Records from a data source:
________

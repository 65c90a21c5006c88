-- ===== src/Store/Operations/Marks.antt =====
-- The Mark* methods and ForgetFinishedOperations of internal/store/operations.go, and
-- CancelOperations of internal/store/undo.go: what each leaves for the worker to claim.
use nexus_mail.Base.{
  ℕ, ◌+◌, ◌≤◌, ◌<◌, Bool, true, false, not, ◌&&◌, List, [], ◌∷◌, ◌≡◌, refl, ap, map, length, filter,
  take, ◌==◌, arith, if◌then◌else◌,
}
use nexus_mail.Base.Text.{Text}
use nexus_mail.Base.Sorting.{sort}
use nexus_mail.Model.{OperationState, state_eq, pending, done, failed, dropped}
use nexus_mail.Store.{Db, OperationRow}
use nexus_mail.Store.Operations.{
  is_claimable, queued_before, claimed_rows, update_operation, set_operation_state,
  mark_operation_done, mark_operation_dropped, mark_operation_permanently_failed,
  mark_operation_failed, count_operations, is_finished, forget_finished_operations,
}
use nexus_mail.Store.Undo.{is_cancellable, cancel_operations}

-- The table without one row.
abbrev pub without_operation : ℕ → Db → Db
without_operation id db = record db { operations = filter (λ r. not (r.id == id)) db.operations }

-- An update that takes a row out of a query has, for the query, the effect of deleting it.
filter-update :
    (p : OperationRow → Bool) (f : OperationRow → OperationRow) (id : ℕ) (rows : List OperationRow)
    → ((r : OperationRow) → p (f r) ≡ false)
    → filter p (map (λ r. if r.id == id then f r else r) rows)
      ≡ filter p (filter (λ r. not (r.id == id)) rows)
filter-update p f id [] h = refl
filter-update p f id (r ∷ rows) h = ground (arith, filter-update p f id rows h, h r)

claimed_rows-update :
    (now account_id limit id : ℕ) (f : OperationRow → OperationRow) (db : Db)
    → ((r : OperationRow) → is_claimable account_id now (f r) ≡ false)
    → claimed_rows now account_id limit (update_operation id f db)
      ≡ claimed_rows now account_id limit (without_operation id db)
unfolding claimed_rows update_operation
claimed_rows-update now account_id limit id f db h =
    ap (λ rows. take limit (sort queued_before rows))
      (filter-update (is_claimable account_id now) f id db.operations h)

-- Once an operation is marked done, dropped or failed for good, no claim at any time, for any
-- account, reads it again, and every other operation is claimed as it was; once it is marked
-- failed for now, the same holds of every claim before `retry_at`.
pub marks-claims :
    (id : ℕ) (reason : Text) (retry_at now account_id limit : ℕ) (db : Db)
    → (claimed_rows now account_id limit (mark_operation_done id db)
        ≡ claimed_rows now account_id limit (without_operation id db))
      × (claimed_rows now account_id limit (mark_operation_dropped id db)
          ≡ claimed_rows now account_id limit (without_operation id db))
      × (claimed_rows now account_id limit (mark_operation_permanently_failed id reason db)
          ≡ claimed_rows now account_id limit (without_operation id db))
      × (now < retry_at
          → claimed_rows now account_id limit (mark_operation_failed id reason retry_at db)
            ≡ claimed_rows now account_id limit (without_operation id db))
unfolding mark_operation_done mark_operation_dropped mark_operation_permanently_failed
    mark_operation_failed set_operation_state is_claimable state_eq
marks-claims id reason retry_at now account_id limit db = (
  claimed_rows-update now account_id limit id (λ r. record r { state = done; last_error = [] }) db
      (λ r. ground arith),
  claimed_rows-update now account_id limit id (λ r. record r { state = dropped; last_error = [] })
      db (λ r. ground arith),
  claimed_rows-update now account_id limit id
      (λ r. record r { state = failed; last_error = reason }) db (λ r. ground arith),
  λ early.
      claimed_rows-update now account_id limit id
        (λ r. record r {
          attempts = r.attempts + 1;
          last_error = reason;
          next_attempt_at = retry_at;
        })
        db (λ r. ground arith),
)

-- The query of a claim passes over every row that a cancellation takes.
filter-cancel :
    (account_id now t : ℕ) (ids : List ℕ) (rows : List OperationRow)
    → now ≤ t
    → filter (is_claimable account_id now) (filter (λ r. not (is_cancellable ids t r)) rows)
      ≡ filter (is_claimable account_id now) rows
unfolding is_claimable is_cancellable
filter-cancel account_id now t ids [] h = refl
filter-cancel account_id now t ids (r ∷ rows) h =
    ground (arith, filter-cancel account_id now t ids rows h)

-- A cancellation at `t` takes nothing that a worker can have claimed by then: every claim at a time
-- up to `t` reads the same rows before and after it.
pub cancel_operations-claims :
    (ids : List ℕ) (t now account_id limit : ℕ) (db : Db)
    → now ≤ t
    → claimed_rows now account_id limit (cancel_operations ids t db).1
      ≡ claimed_rows now account_id limit db
unfolding claimed_rows cancel_operations
cancel_operations-claims ids t now account_id limit db h =
    ap (λ rows. take limit (sort queued_before rows))
      (filter-cancel account_id now t ids db.operations h)

module _ (account_id : ℕ) where
  abbrev is_forgotten : OperationRow → Bool
  is_forgotten r = r.account_id == account_id && is_finished r.state

  -- A query that asks for no forgotten row reads the same after they are gone.
  filter-forget :
      (p : OperationRow → Bool) (rows : List OperationRow)
      → ((r : OperationRow) → is_forgotten r ≡ true → p r ≡ false)
      → filter p (filter (λ r. not (is_forgotten r)) rows) ≡ filter p rows
  filter-forget p [] h = refl
  filter-forget p (r ∷ rows) h = ground (arith, filter-forget p rows h, h r)

  filter-forgotten :
      (p : OperationRow → Bool) (rows : List OperationRow)
      → ((r : OperationRow) → p r ≡ true → is_forgotten r ≡ true)
      → filter p (filter (λ r. not (is_forgotten r)) rows) ≡ []
  filter-forgotten p [] h = refl
  filter-forgotten p (r ∷ rows) h = ground (arith, filter-forgotten p rows h, h r)

finished-not_pending : (s : OperationState) → is_finished s ≡ true → state_eq s pending ≡ false
unfolding is_finished state_eq
finished-not_pending pending h = ground arith
finished-not_pending done h = refl
finished-not_pending dropped h = refl
finished-not_pending failed h = refl

counted-finished :
    (s t : OperationState) → is_finished s ≡ true → state_eq t s ≡ true → is_finished t ≡ true
unfolding is_finished state_eq
counted-finished pending t h k = ground arith
counted-finished done done h k = refl
counted-finished done pending h k = ground arith
counted-finished done failed h k = ground arith
counted-finished done dropped h k = ground arith
counted-finished failed failed h k = refl
counted-finished failed pending h k = ground arith
counted-finished failed done h k = ground arith
counted-finished failed dropped h k = ground arith
counted-finished dropped dropped h k = refl
counted-finished dropped pending h k = ground arith
counted-finished dropped done h k = ground arith
counted-finished dropped failed h k = ground arith

-- Forgetting an account's finished operations leaves it no operation in a finished state; the
-- counts of pending operations, for every account, and all counts of the other accounts stay; and
-- every claim reads the same rows.
pub forget_finished_operations-counts :
    (account_id now limit : ℕ) (db : Db)
    → ((s : OperationState)
        → is_finished s ≡ true
        → count_operations account_id s (forget_finished_operations account_id db) ≡ 0)
      × ((a : ℕ)
          → count_operations a pending (forget_finished_operations account_id db)
            ≡ count_operations a pending db)
      × ((a : ℕ) (s : OperationState)
          → (a == account_id) ≡ false
          → count_operations a s (forget_finished_operations account_id db)
            ≡ count_operations a s db)
      × ((a : ℕ)
          → claimed_rows now a limit (forget_finished_operations account_id db)
            ≡ claimed_rows now a limit db)
unfolding count_operations forget_finished_operations claimed_rows is_claimable
forget_finished_operations-counts account_id now limit db = (
  λ s fin. ap length (
      filter-forgotten account_id (λ r. r.account_id == account_id && state_eq r.state s)
        db.operations (λ r. ground (arith, counted-finished s r.state fin))),
  λ a. ap length (
      filter-forget account_id (λ r. r.account_id == a && state_eq r.state pending) db.operations
        (λ r. ground (arith, finished-not_pending r.state))),
  λ a s other. ap length (
      filter-forget account_id (λ r. r.account_id == a && state_eq r.state s) db.operations
        (λ r. ground arith)),
  λ a.
      ap (λ rows. take limit (sort queued_before rows))
        (filter-forget account_id (is_claimable a now) db.operations
          (λ r. ground (arith, finished-not_pending r.state))),
)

________

### Requirement
Please give an exact copy of the lines above, beginning with the line containing "(p : OperationRow → Bool) (f" and running through the line containing "state = dropped;", and of no other lines.

### Response to this exercise
    (p : OperationRow → Bool) (f : OperationRow → OperationRow) (id : ℕ) (rows : List OperationRow)
    → ((r : OperationRow) → p (f r) ≡ false)
    → filter p (map (λ r. if r.id == id then f r else r) rows)
      ≡ filter p (filter (λ r. not (r.id == id)) rows)
filter-update p f id [] h = refl
filter-update p f id (r ∷ rows) h = ground (arith, filter-update p f id rows h, h r)

claimed_rows-update :
    (now account_id limit id : ℕ) (f : OperationRow → OperationRow) (db : Db)
    → ((r : OperationRow) → is_claimable account_id now (f r) ≡ false)
    → claimed_rows now account_id limit (update_operation id f db)
      ≡ claimed_rows now account_id limit (without_operation id db)
unfolding claimed_rows update_operation
claimed_rows-update now account_id limit id f db h =
    ap (λ rows. take limit (sort queued_before rows))
      (filter-update (is_claimable account_id now) f id db.operations h)

-- Once an operation is marked done, dropped or failed for good, no claim at any time, for any
-- account, reads it again, and every other operation is claimed as it was; once it is marked
-- failed for now, the same holds of every claim before `retry_at`.
pub marks-claims :
    (id : ℕ) (reason : Text) (retry_at now account_id limit : ℕ) (db : Db)
    → (claimed_rows now account_id limit (mark_operation_done id db)
        ≡ claimed_rows now account_id limit (without_operation id db))
      × (claimed_rows now account_id limit (mark_operation_dropped id db)
          ≡ claimed_rows now account_id limit (without_operation id db))
      × (claimed_rows now account_id limit (mark_operation_permanently_failed id reason db)
          ≡ claimed_rows now account_id limit (without_operation id db))
      × (now < retry_at
          → claimed_rows now account_id limit (mark_operation_failed id reason retry_at db)
            ≡ claimed_rows now account_id limit (without_operation id db))
unfolding mark_operation_done mark_operation_dropped mark_operation_permanently_failed
    mark_operation_failed set_operation_state is_claimable state_eq
marks-claims id reason retry_at now account_id limit db = (
  claimed_rows-update now account_id limit id (λ r. record r { state = done; last_error = [] }) db
      (λ r. ground arith),
  claimed_rows-update now account_id limit id (λ r. record r { state = dropped; last_error = [] })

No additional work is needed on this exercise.